--- Recorded information Enclosed Below ---

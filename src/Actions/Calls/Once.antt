-- ===== src/Actions/Calls/Once.antt =====
-- Idempotency: a proposal is made once for its key, and an answer of `execute` keeps its receipt.
use Prim.Native.String.{◌++◌ as append}
use agents_reality_layer.Prelude.{
  string_eq, pair_eq, String, Option, none, some, ◌≡◌, refl, sym, subst, ap, ◌∙◌, ◌!=◌, beq_refl,
  inl, inr, Bool-cases, Option-cases, arith,
}
use agents_reality_layer.Dict
use agents_reality_layer.Dict.Laws.{get-put_self}
use agents_reality_layer.Json.{Platform}
use agents_reality_layer.Errors.{Result, ok, err, Result-cases}
use agents_reality_layer.WorldState.Models.{OrderState}
use agents_reality_layer.Actions.Models.{
  ActionProposal, ActionDecision, ExecutionReceipt, approved, cancel_order, status_eq,
  action_type_eq, provider_accepted,
}
use agents_reality_layer.Actions.Policy.{Context}
use agents_reality_layer.Actions.Service.{
  StoredAction, ActionService, owned_action, append_event, set_status,
}
use agents_reality_layer.Actions.Service.Lifecycle.{Fresh, propose_new, propose}
use agents_reality_layer.Actions.Service.Execute.{execute, run_provider, ineligible}
use agents_reality_layer.Actions.Calls.{Provider}
use agents_reality_layer.Actions.Calls.Owned.{
  owned_action_found, owned_action_intro, with_status, new_action, get-propose_new,
}
use agents_reality_layer.Actions.Calls.Keys.{IsConsistent}

module _ (py : Platform) (s : ActionService) (p : ActionProposal) (role tenant_id : String)
    (context : Context) (fresh : Fresh) where
  propose_known :
      (i : String) (a : StoredAction)
      → Dict.get s.idempotency (tenant_id, p.idempotency_key) ≡ some i
      → Dict.get s.actions i ≡ some a
      → propose py s p role tenant_id context fresh ≡ (ok a.decision, s)
  unfolding propose
  propose_known i a k g = rw (k, propose) (rw g refl)

  propose_unknown :
      Dict.get s.idempotency (tenant_id, p.idempotency_key) ≡ none
      → propose py s p role tenant_id context fresh
        ≡ propose_new py s p role tenant_id context fresh
  unfolding propose
  propose_unknown n = rw (n, propose) refl

  answer-propose_new :
      (propose_new py s p role tenant_id context fresh).0
      ≡ ok (new_action py p role tenant_id context fresh).decision
  unfolding propose_new
  answer-propose_new = refl

  key-propose_new :
      Dict.get
        (propose_new py s p role tenant_id context fresh).1.idempotency
        (tenant_id, p.idempotency_key)
      ≡ some (append "act_" fresh.action_hex)
  unfolding propose_new append_event
  key-propose_new =
      get-put_self s.idempotency (tenant_id, p.idempotency_key) (append "act_" fresh.action_hex)

  action-propose_new :
      Dict.get
        (propose_new py s p role tenant_id context fresh).1.actions
        (append "act_" fresh.action_hex)
      ≡ some (new_action py p role tenant_id context fresh)
  action-propose_new =
      get-propose_new py s p role tenant_id context fresh (append "act_" fresh.action_hex)
      ∙ (rw (beq_refl (append "act_" fresh.action_hex)) refl)

  -- In a consistent service `propose` always answers with a decision: its lookups do not fail.
  pub propose_answers :
      IsConsistent s
      → (d : ActionDecision) × ((propose py s p role tenant_id context fresh).0 ≡ ok d)
  propose_answers c = elim (Option-cases (Dict.get s.idempotency (tenant_id, p.idempotency_key))) [
    | inr (i, k) ↦
        let (a, g, _) = c.keyed (tenant_id, p.idempotency_key) i k in
        (a.decision, rw (propose_known i a k g))
    | inl n ↦ (
      (new_action py p role tenant_id context fresh).decision,
      rw (propose_unknown n) (answer-propose_new),
    )
  ]

module _ (py : Platform) (s : ActionService) (tenant_id role role' : String)
    (context context' : Context) (fresh fresh' : Fresh) (p q : ActionProposal) where
  -- In a consistent service, a second proposal of the tenant under the same key, whatever else it
  -- asks for and whether or not the first found the key in use, has the answer of the first and
  -- changes nothing.
  pub propose_twice :
      IsConsistent s
      → p.idempotency_key ≡ q.idempotency_key
      → propose py (propose py s p role tenant_id context fresh).1 q role' tenant_id context' fresh'
        ≡ propose py s p role tenant_id context fresh
  propose_twice c e = elim (Option-cases (Dict.get s.idempotency (tenant_id, p.idempotency_key))) [
    | inr (i, k) ↦
        let (a, g, _) = c.keyed (tenant_id, p.idempotency_key) i k in
        rw (propose_known py s p role tenant_id context fresh i a k g) (
          propose_known py s q role' tenant_id context' fresh' i a
            (subst (λ u. Dict.get s.idempotency (tenant_id, u) ≡ some i) e k) g)
    | inl n ↦ rw (propose_unknown py s p role tenant_id context fresh n) (
        propose_known py (propose_new py s p role tenant_id context fresh).1 q role' tenant_id
          context' fresh' (append "act_" fresh.action_hex)
          (new_action py p role tenant_id context fresh)
          (subst
            (λ u.
              Dict.get (propose_new py s p role tenant_id context fresh).1.idempotency
                (tenant_id, u)
              ≡ some (append "act_" fresh.action_hex))
            e (key-propose_new py s p role tenant_id context fresh))
          (action-propose_new py s p role tenant_id context fresh)
        ∙ ap (λ r. (r, (propose_new py s p role tenant_id context fresh).1))
            (sym (answer-propose_new py s p role tenant_id context fresh)))
  ]

module _ {W : Type 0} (py : Platform) (s : ActionService) (i t : String) where
  -- a receipt that is held is the answer, and the provider is not called
  pub execute_known :
      (provider : Provider W) (state : Option OrderState) (hex : String) (world : W)
      (a : StoredAction) (r : ExecutionReceipt)
      → owned_action s i t ≡ ok a
      → Dict.get s.executions (t, a.proposal.idempotency_key) ≡ some r
      → execute py s i t provider state hex world ≡ (ok r, s, world)
  unfolding execute
  execute_known provider state hex world a r h g = rw (h, execute) (rw g refl)

-- the state after a write of the provider holds the receipt
run_provider_known :
    {W : Type 0} (py : Platform) (s : ActionService) (i t : String) (a : StoredAction)
    (hex : String) (answer : Result ExecutionReceipt × W) (r : ExecutionReceipt)
    → owned_action s i t ≡ ok a
    → (run_provider py s i a t answer hex).0 ≡ ok r
    → (b : StoredAction) × (owned_action (run_provider py s i a t answer hex).1 i t ≡ ok b)
      × (Dict.get (run_provider py s i a t answer hex).1.executions (t, b.proposal.idempotency_key)
          ≡ some r)
unfolding run_provider append_event set_status
run_provider_known py s i t a hex (err e, w) r h k = cc
run_provider_known py s i t a hex (ok receipt, w) r h k = (
  with_status a provider_accepted "Provider accepted write.",
  owned_action_intro _ i t
      (get-put_self s.actions i (with_status a provider_accepted "Provider accepted write."))
      (owned_action_found s i t h).1,
  get-put_self s.executions (t, a.proposal.idempotency_key) receipt ∙ ground arith,
)

module _ {W : Type 0} (py : Platform) (s : ActionService) (i t : String) (provider : Provider W)
    (state : Option OrderState) (hex : String) (world : W) where
  -- What an answer of `execute` leaves: the action is still there, and its receipt is kept.
  abbrev Kept : ActionService → ExecutionReceipt → Type 0
  Kept s' r =
      (b : StoredAction) × (owned_action s' i t ≡ ok b)
      × (Dict.get s'.executions (t, b.proposal.idempotency_key) ≡ some r)

  pub execute_keeps :
      (r : ExecutionReceipt)
      → (execute py s i t provider state hex world).0 ≡ ok r
      → Kept (execute py s i t provider state hex world).1 r
  unfolding execute
  execute_keeps r = elim (Result-cases (owned_action s i t)) [
    | inr (e, h) ↦ rw (h, execute) (λ k. cc)
    | inl (a, h) ↦
        rw (h, execute)
          (elim (Option-cases (Dict.get s.executions (t, a.proposal.idempotency_key))) [
            | inr (x, g) ↦ rw g (λ k. (a, h, g ∙ ground arith))
            | inl g ↦ rw g (elim (Bool-cases (a.decision.status != approved)) [
              | inl n ↦ rw n (λ k. cc)
              | inr n ↦ rw n (elim (Bool-cases (a.proposal.action_type != cancel_order)) [
                | inl m ↦ rw m (λ k. cc)
                | inr m ↦ rw m (elim (Option-cases (ineligible state)) [
                  | inr (x, u) ↦ rw u (λ k. cc)
                  | inl u ↦ rw u (λ k. run_provider_known py s i t a hex _ r h k)
                ])
              ])
            ])
          ])
  ]
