-- ===== src/Actions/Calls/Provided.antt =====
-- When `execute` of src/reality_layer/actions/service.py calls its provider.
use agents_reality_layer.Prelude.{
  string_eq, pair_eq, String, Option, none, ◌≡◌, refl, ◌!=◌, ==_iff, arith, inl, inr, Bool-cases,
  Option-cases,
}
use agents_reality_layer.Prelude.Text.{remove_prefix}
use agents_reality_layer.Dict
use agents_reality_layer.Json.{Platform}
use agents_reality_layer.Errors.{Result, ok, err, Result-cases}
use agents_reality_layer.WorldState.Models.{OrderState}
use agents_reality_layer.Actions.Models.{
  ExecutionReceipt, approved, cancel_order, status_eq, action_type_eq,
}
use agents_reality_layer.Actions.Service.{StoredAction, ActionService, owned_action}
use agents_reality_layer.Actions.Service.Execute.{execute, run_provider, ineligible}
use agents_reality_layer.Actions.Calls.{Provider}

-- an action of the tenant that may be executed
pub record Executable (s : ActionService) (i t : String) (state : Option OrderState)
    (action : StoredAction) : Type 0 where
  pub owned : owned_action s i t ≡ ok action
  pub is_approved : action.decision.status ≡ approved
  pub cancels : action.proposal.action_type ≡ cancel_order
  pub eligible : ineligible state ≡ none

-- The world after `execute`: the one of before, or the one that the provider makes of it.
pub data Provided {W : Type 0} (s : ActionService) (i t : String) (provider : Provider W)
    (state : Option OrderState) (world : W) : W → Type 0 where
  untouched : Provided s i t provider state world world
  called :
      (action : StoredAction)
      → Executable s i t state action
      → Provided s i t provider state world
          (provider i
            (remove_prefix "order:" action.proposal.target_entity)
            action.proposal.idempotency_key
            world).1

module _ {W : Type 0} (py : Platform) (s : ActionService) (i t : String) (provider : Provider W)
    (state : Option OrderState) (hex : String) (world : W) where
  world-run_provider :
      (action : StoredAction) (answer : Result ExecutionReceipt × W)
      → (run_provider py s i action t answer hex).2 ≡ answer.1
  unfolding run_provider
  world-run_provider action (err e, w) = refl
  world-run_provider action (ok receipt, w) = refl

  pub execute-Provided :
      Provided s i t provider state world (execute py s i t provider state hex world).2
  unfolding execute
  execute-Provided = elim (Result-cases (owned_action s i t)) [
    | inr (e, h) ↦ rw (h, execute) untouched
    | inl (a, h) ↦
        rw (h, execute)
          (elim (Option-cases (Dict.get s.executions (t, a.proposal.idempotency_key))) [
            | inr (x, g) ↦ rw g untouched
            | inl g ↦ rw g (elim (Bool-cases (a.decision.status != approved)) [
              | inl n ↦ rw n untouched
              | inr n ↦ rw n (elim (Bool-cases (a.proposal.action_type != cancel_order)) [
                | inl m ↦ rw m untouched
                | inr m ↦ rw m (elim (Option-cases (ineligible state)) [
                  | inr (x, u) ↦ rw u untouched
                  | inl u ↦
                      rw (u, world-run_provider)
                        (called a (record {
                          owned = h;
                          is_approved = (==_iff a.decision.status approved).0 (ground arith);
                          cancels = (==_iff a.proposal.action_type cancel_order).0 (ground arith);
                          eligible = u;
                        }))
                ])
              ])
            ])
          ])
  ]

--- End of Enclosed Recorded information ---

Task. Starting at the line above that holds "pub owned : owned_action s i t ≡ ok action" and ending at the line that holds "-- The world", transcribe each line exactly and include no other lines.

Response to this exercise.
  pub owned : owned_action s i t ≡ ok action
  pub is_approved : action.decision.status ≡ approved
  pub cancels : action.proposal.action_type ≡ cancel_order
  pub eligible : ineligible state ≡ none

-- The world after `execute`: the one of before, or the one that the provider makes of it.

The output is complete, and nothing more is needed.